The Danbury Mint is a division of MBI, Inc. that markets a variety of collectibles. Danbury Mint historically marketed high quality medals and ingots produced by others exclusively for them. The company also sold numerous other collectible offering including plates, bells, sculptures, etc. Danbury Mint is well known for its 1:24 scale die-cast vehicles, including a now discontinued James Bond's DB5.

Their licenses include: Boyds, Coca-Cola, John Deere, Dept 56, Dr. Seuss, General Motors, Goebel, King Features, Looney Tunes, Major League Baseball, Mars, Inc., NFL, Gary Patterson, Peanuts, Pillsbury, Elvis Presley, Red Hat Society, The Walt Disney Company and Twentieth Century Fox Film Corporation.

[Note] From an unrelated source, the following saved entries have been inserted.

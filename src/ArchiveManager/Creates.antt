-- ===== src/ArchiveManager/Creates.antt =====
-- createArchive: what it puts into the archive.
use drop_file.Zstd.{Pipes}
use drop_file.Zstd.Compress.{compress_lem, Packed}
use drop_file.FsEntryInfo.Format.{length-entry_header, entry_header}
use drop_file.FsEntryInfo.Writes.{
  write_compressed_length_lem, write_to_stream-entry_header, appended-appended, appended-IsAtEnd,
  appended, IsAtEnd,
}
use drop_file.ArchiveManager.Format.{
  items_of_node, items_of, made_file, Archived-one, header_of, made_directory, Archived-append,
  Archived, Item,
}
use drop_file.Zstd.Laws.{Packs, IsZstdException, Laws}
use drop_file.Common.{
  ℕ, ◌+◌, ◌%◌, ◌≤◌, ◌≡◌, refl, sym, ap, subst, ◌∙◌, false, none, some, List, [], ◌∷◌, ◌++◌,
  append-nil, append_assoc, arith, dec_le, lt→ltb, le→ltb_false, Bytes, length, drop, length-append,
}
use drop_file.FsEntryInfo.{path_max_len, new_entry}
use drop_file.Outcome.{
  bind, Ensures-map, Ensures-weaken, Ensures-settled, Ensures-bind, Ensures, zstd_exception,
  fs_entry_info_exception, archive_manager_exception, filesystem_error,
}
use drop_file.ArchiveManager.{
  pack_node, join_paths, pack_directory, Action, Outcome, pack_entries, create_archive, compress,
  write_compressed_length, compress_file, InputStream, add_file, no_entries, unreadable,
  add_directory, folder, new_entry, regular_file, OutputStream, Node, add_directory, entry,
  Exception, Library, Entries, other,
}

abbrev pub IsArchiveException : Exception → Type 0
IsArchiveException (zstd_exception t) = Unit {0}
IsArchiveException (fs_entry_info_exception t) = Unit {0}
IsArchiveException (archive_manager_exception t) = Unit {0}
IsArchiveException filesystem_error = Unit {0}
IsArchiveException _ = ⊥

IsZstdException→IsArchiveException : (e : Exception) → IsZstdException e → IsArchiveException e
IsZstdException→IsArchiveException (zstd_exception t) h = tt
IsZstdException→IsArchiveException _ h = absurd h

-- No file whose size is a positive multiple of the size of the library's buffer.
unfoldable mutual
  pub IsPackable : ℕ → Entries → Type 0
  IsPackable in_size no_entries = Unit {0}
  IsPackable in_size unreadable = Unit {0}
  IsPackable in_size (entry name node entries) =
      IsPackableNode in_size node × IsPackable in_size entries

  pub IsPackableNode : ℕ → Node → Type 0
  IsPackableNode in_size (regular_file none) = Unit {0}
  IsPackableNode in_size (regular_file (some content)) =
      length content % in_size ≡ 0 → length content ≡ 0
  IsPackableNode in_size (folder entries) = IsPackable in_size entries
  IsPackableNode in_size other = Unit {0}

module _ (z : Library) (l : Laws z) (format_number : ℕ → Bytes) where
  -- The items were put at the end of the archive.
  abbrev pub Added : List Item → OutputStream → Unit {0} → OutputStream → Type 0
  Added is s _ t = (bytes : Bytes) × (t ≡ appended bytes s) × Archived l is bytes

  Added-append :
      (is js : List Item) (s t u : OutputStream)
      → Added is s tt t
      → Added js t tt u
      → Added (is ++ js) s tt u
  Added-append is js s t u (a, ea, ha) (b, eb, hb) =
      (a ++ b, eb ∙ ap (appended b) ea ∙ appended-appended a b s, Archived-append l is js a b ha hb)

  Added-IsAtEnd : (is : List Item) (s t : OutputStream) → IsAtEnd s → Added is s tt t → IsAtEnd t
  Added-IsAtEnd is s t end (a, ea, ha) = subst IsAtEnd (sym ea) (appended-IsAtEnd a s end)

  add_directory_lem :
      (path : Bytes) (s : OutputStream)
      → IsAtEnd s
      → Ensures IsArchiveException
          (Added (made_directory path ∷ []) s)
          (add_directory format_number path s)
  unfolding add_directory new_entry
  add_directory_lem path s end = elim (dec_le (length path) path_max_len) [
    | no long ↦ rw (lt→ltb path_max_len (length path) (omega arith)) tt
    | yes fits ↦
        rw
          (
            le→ltb_false path_max_len (length path) fits,
            write_to_stream-entry_header format_number (header_of 1 path 0) s fits end,
          )
          (
            entry_header (header_of 1 path 0),
            refl,
            Archived-one l (made_directory path) _ (fits, refl),
          )
  ]

  -- A file's data was packed at the end of the archive.
  abbrev PackedBehind : Bytes → OutputStream → ℕ → OutputStream → Type 0
  PackedBehind content t n u =
      (zs : Bytes) × (u ≡ appended zs t) × (n ≡ length zs) × Packs l content zs

  compress_file_lem :
      (content : Bytes) (t : OutputStream)
      → IsAtEnd t
      → (length content % z.in_size ≡ 0 → length content ≡ 0)
      → Ensures IsArchiveException (PackedBehind content t) (compress_file z l.calls content t)
  unfolding drop
  compress_file_lem content t end part =
      let input : InputStream = record { content = content; position = 0; failed = false } in
      let p : Pipes = record { input = input; output = t } in
      let o = compress z (length content + 2) l.calls p in
      Ensures-settled IsArchiveException (Packed z l content t) (PackedBehind content t)
        (λ q. q.output) o
        (Ensures-weaken IsZstdException IsArchiveException (Packed z l content t) o
          (compress_lem z l (length content + 2) p refl end part (omega arith))
          IsZstdException→IsArchiveException)
        (λ n q m. m)

  finish_file :
      (content path : Bytes) (s : OutputStream) (n : ℕ) (u : OutputStream)
      → IsAtEnd s
      → length path ≤ path_max_len
      → PackedBehind content (appended (entry_header (header_of 0 path 0)) s) n u
      → Ensures IsArchiveException
          (Added (made_file path content ∷ []) s)
          (write_compressed_length (s.position + 9 + length path) n u)
  finish_file content path s n u end fits (zs, e, size, packed) =
      let head = header_of 0 path 0 in
      let patched = header_of 0 path n in
      let bytes = entry_header patched ++ zs in
      let laid : u.content ≡ s.content ++ (entry_header head ++ zs) =
        ap (λ o. o.content) e ∙ append_assoc s.content (entry_header head) zs in
      let long : length u.content ≡ length s.content + length bytes = omega (
        arith,
        ap length laid,
        length-append s.content (entry_header head ++ zs),
        length-append (entry_header head) zs,
        length-append (entry_header patched) zs,
        length-entry_header head,
        length-entry_header patched,
      ) in
      rw (end, write_compressed_length_lem head n s.content zs u laid)
        (
          bytes,
          ap (λ k. record { content = s.content ++ bytes; position = k }) long,
          Archived-one l (made_file path content) bytes
              (fits, (zs, packed, ap (λ k. entry_header (header_of 0 path k) ++ zs) size)),
        )

  add_file_lem :
      (file_path content path : Bytes) (s : OutputStream)
      → IsAtEnd s
      → (length content % z.in_size ≡ 0 → length content ≡ 0)
      → Ensures IsArchiveException
          (Added (made_file path content ∷ []) s)
          (add_file z l.calls format_number file_path (some content) path s)
  unfolding add_file new_entry
  add_file_lem file_path content path s end part = elim (dec_le (length path) path_max_len) [
    | no long ↦ rw (lt→ltb path_max_len (length path) (omega arith)) tt
    | yes fits ↦
        let head = header_of 0 path 0 in
        let t = appended (entry_header head) s in
        rw
          (
            le→ltb_false path_max_len (length path) fits,
            write_to_stream-entry_header format_number head s fits end,
          )
          (Ensures-bind IsArchiveException (PackedBehind content t)
            (Added (made_file path content ∷ []) s) (compress_file z l.calls content t)
            (write_compressed_length (s.position + 9 + length path))
            (compress_file_lem content t (appended-IsAtEnd (entry_header head) s end) part)
            (λ n u m. finish_file content path s n u end fits m))
  ]

  unreadable_file_lem :
      (P : Unit {0} → OutputStream → Type 0) (file_path path : Bytes) (s : OutputStream)
      → IsAtEnd s
      → Ensures IsArchiveException P (add_file z l.calls format_number file_path none path s)
  unfolding add_file new_entry
  unreadable_file_lem P file_path path s end = elim (dec_le (length path) path_max_len) [
    | no long ↦ rw (lt→ltb path_max_len (length path) (omega arith)) tt
    | yes fits ↦
        rw
          (
            le→ltb_false path_max_len (length path) fits,
            write_to_stream-entry_header format_number (header_of 0 path 0) s fits end,
          )
          tt
  ]

  Added-bind :
      (is js : List Item) (s : OutputStream) (o : Outcome OutputStream (Unit {0}))
      (f : Action OutputStream (Unit {0}))
      → IsAtEnd s
      → Ensures IsArchiveException (Added is s) o
      → ((t : OutputStream) → IsAtEnd t → Ensures IsArchiveException (Added js t) (f t))
      → Ensures IsArchiveException (Added (is ++ js) s) (bind o (λ _. f))
  Added-bind is js s o f end h k =
      Ensures-bind IsArchiveException (Added is s) (Added (is ++ js) s) o (λ _. f) h
        (λ a t m.
          Ensures-map IsArchiveException (Added js t) (Added (is ++ js) s) (f t)
            (k t (Added-IsAtEnd is s t end m)) (λ b u n. Added-append is js s t u m n))

  Added-none : (s : OutputStream) → Added [] s tt s
  Added-none s = ([], ground (arith, append-nil s.content), refl)

  mutual
    unfolding pack_entries items_of IsPackable

    pack_entries_lem :
        (dir path : Bytes) (entries : Entries) (s : OutputStream)
        → IsAtEnd s
        → IsPackable z.in_size entries
        → Ensures IsArchiveException
            (Added (items_of path entries) s)
            (pack_entries z l.calls format_number dir entries path s)
    pack_entries_lem dir path no_entries s end h = Added-none s
    pack_entries_lem dir path unreadable s end h = tt
    pack_entries_lem dir path (entry name node entries) s end h =
        Added-bind (items_of_node (join_paths path name) node) (items_of path entries) s
          (pack_node z l.calls format_number (join_paths dir name) node (join_paths path name) s)
          (pack_entries z l.calls format_number dir entries path) end
          (pack_node_lem (join_paths dir name) (join_paths path name) node s end h.0)
          (λ t end_t. pack_entries_lem dir path entries t end_t h.1)

    pack_node_lem :
        (current path : Bytes) (node : Node) (s : OutputStream)
        → IsAtEnd s
        → IsPackableNode z.in_size node
        → Ensures IsArchiveException
            (Added (items_of_node path node) s)
            (pack_node z l.calls format_number current node path s)
    pack_node_lem current path (regular_file none) s end h =
        unreadable_file_lem (Added [] s) current path s end
    pack_node_lem current path (regular_file (some content)) s end h =
        add_file_lem current content path s end h
    pack_node_lem current path (folder entries) s end h =
        Added-bind (made_directory path ∷ []) (items_of path entries) s
          (add_directory format_number path s)
          (pack_entries z l.calls format_number current entries path) end
          (add_directory_lem path s end)
          (λ t end_t. pack_entries_lem current path entries t end_t h)
    pack_node_lem current path other s end h = Added-none s

  -- If no file below the directory has a size that is a positive multiple of the size of the library's
  -- input buffer: createArchive into a path that does not exist ends, and by a ZSTDException,
  -- FSEntryInfoException, ArchiveManagerException or an error of the file system only, or the new
  -- archive holds, in this order, the directory itself and all directories and files below it, each
  -- file packed.
  pub create_archive_lem :
      (path filename new_archive_path : Bytes) (entries : Entries)
      → IsPackable z.in_size entries
      → Ensures IsArchiveException
          (λ _ t. Archived l (made_directory filename ∷ items_of filename entries) t.content)
          (create_archive z l.calls format_number path filename entries false new_archive_path
            (record { content = []; position = 0 }))
  unfolding create_archive pack_directory
  create_archive_lem path filename new_archive_path entries h =
      let s : OutputStream = record { content = []; position = 0 } in
      let items = made_directory filename ∷ items_of filename entries in
      Ensures-map IsArchiveException (Added items s) _ _
        (Added-bind (made_directory filename ∷ []) (items_of filename entries) s
          (add_directory format_number filename s)
          (pack_entries z l.calls format_number path entries filename) refl
          (add_directory_lem filename s refl)
          (λ t end_t. pack_entries_lem path filename entries t end_t h))
        (λ a t (bytes, e, archived).
          subst (Archived l items) (sym (ap (λ o. o.content) e)) archived)
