-- ===== src/Zstd/Pieces.antt =====
-- The inner loop of zstd::decompress.
use drop_file.Zstd.Chunks.{Answer-cases}
use drop_file.FsEntryInfo.Writes.{
  appended-IsAtEnd, write-appended, appended-appended, appended, IsAtEnd,
}
use drop_file.Zstd.Laws.{IsZstdException, Laws}
use drop_file.Zstd.{Step, Piece, decompress_chunk, Library}
use drop_file.Common.{
  ℕ, zero, suc, ◌+◌, ◌≤◌, ◌<◌, ◌≡◌, sym, ap, ◌∙◌, inl, inr, [], ◌++◌, append-nil, append_assoc,
  arith, dec_lt, lt→ltb, le→ltb_false, Bytes, length, take, drop, length-append, take-append-drop,
  length-drop, drop_all, drop-drop,
}
use drop_file.Outcome.{Ensures, Ensures-map}
use drop_file.Streams.{OutputStream}

module _ (z : Library) (l : Laws z) where
  -- After the inner loop: the rest of the buffer was given to the library, and `zs` written.
  pub record Opened (buffer : Bytes) (c : Piece z) (s : OutputStream) (r : Piece z)
      (t : OutputStream) : Type 0 where
    pub zs : Bytes
    pub wrote : t ≡ appended zs s
    pub counted : r.written ≡ c.written + length zs
    pub all_taken : l.taken r.dctx ≡ l.taken c.dctx ++ drop c.pos buffer
    pub all_given : l.given r.dctx ≡ l.given c.dctx ++ zs

  abbrev next : Piece z → Step z.DCtx → Piece z
  next c st = record {
    dctx = st.context;
    pos = c.pos + st.consumed;
    written = c.written + length st.produced;
  }

  Opened-next :
      (buffer : Bytes) (c : Piece z) (st : Step z.DCtx) (s : OutputStream) (r : Piece z)
      (t : OutputStream)
      → l.taken st.context ≡ l.taken c.dctx ++ take st.consumed (drop c.pos buffer)
      → l.given st.context ≡ l.given c.dctx ++ st.produced
      → Opened buffer (next c st) (appended st.produced s) r t
      → Opened buffer c s r t
  Opened-next buffer c st s r t takes gives m = record {
    zs = st.produced ++ m.zs;
    wrote = m.wrote ∙ appended-appended st.produced m.zs s;
    counted = omega (arith, m.counted, length-append st.produced m.zs);
    all_taken =
        m.all_taken
        ∙ rw takes (
            append_assoc (l.taken c.dctx) (take st.consumed (drop c.pos buffer))
              (drop (c.pos + st.consumed) buffer))
        ∙ ap (◌++◌ (l.taken c.dctx)) (
            ap (◌++◌ (take st.consumed (drop c.pos buffer)))
              (sym (drop-drop st.consumed c.pos buffer))
            ∙ take-append-drop st.consumed (drop c.pos buffer));
    all_given = m.all_given ∙ rw gives (append_assoc (l.given c.dctx) st.produced m.zs);
  }

  Opened-last :
      (buffer : Bytes) (c : Piece z) (s : OutputStream)
      → length buffer ≤ c.pos
      → Opened buffer c s c s
  Opened-last buffer c s over =
      let none_left = drop_all c.pos buffer over in
      record {
        zs = [];
        wrote = ground (arith, append-nil s.content);
        counted = omega arith;
        all_taken = sym (ap (◌++◌ (l.taken c.dctx)) none_left ∙ append-nil (l.taken c.dctx));
        all_given = sym (append-nil (l.given c.dctx));
      }

  pub chunk_lem :
      (fuel : ℕ) (buffer : Bytes) (c : Piece z) (s : OutputStream)
      → IsAtEnd s
      → c.pos ≤ length buffer
      → l.effort c.dctx (drop c.pos buffer) < fuel
      → Ensures IsZstdException (Opened buffer c s) (decompress_chunk z fuel buffer c s)
  unfolding decompress_chunk
  chunk_lem zero buffer c s end within e = absurd (omega arith)
  chunk_lem (suc fuel) buffer c s end within e =
      let input = drop c.pos buffer in
      elim (dec_lt c.pos (length buffer)) [
        | no over ↦
            rw (le→ltb_false c.pos (length buffer) (omega arith))
              (Opened-last buffer c s (omega arith))
        | yes more ↦
            rw (lt→ltb c.pos (length buffer) more)
              (elim (Answer-cases (z.decompress_stream z.out_size input c.dctx)) [
                | inr (t, x) ↦ rw x tt
                | inl (st, x) ↦
                    let (fits, takes, gives) = l.decompress_moves z.out_size input c.dctx st x in
                    let left = drop-drop st.consumed c.pos buffer in
                    let fewer =
                      l.decompress_goes_on input c.dctx st x
                        (omega (arith, length-drop c.pos buffer)) in
                    rw (x, write-appended st.produced s end)
                      (Ensures-map IsZstdException _ _ _
                        (chunk_lem fuel buffer (next c st) (appended st.produced s)
                          (appended-IsAtEnd st.produced s end)
                          (omega (arith, length-drop c.pos buffer)) (rw (← left) (omega arith)))
                        (λ r t m. Opened-next buffer c st s r t takes gives m))
              ])
      ]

Products include commemorative coins, jewelry, sports collectibles, and Christmas ornaments.

History
The Danbury Mint was founded in Westport, Connecticut, by Ralph Glendinning and Ted Stanley in 1969, as a subsidiary of Glendinning Companies. Their first product was a series of medals commemorating the Apollo 11 moon landing.

The Danbury Mint has since created many commemorative items—figurines, collector plates, dolls, die-cast cars, etc.—based on historical events and people. Examples include, Shirley Temple, Princess Diana, Barack Obama's inauguration, Corvettes, Hummel figurines, and gold Christmas ornaments.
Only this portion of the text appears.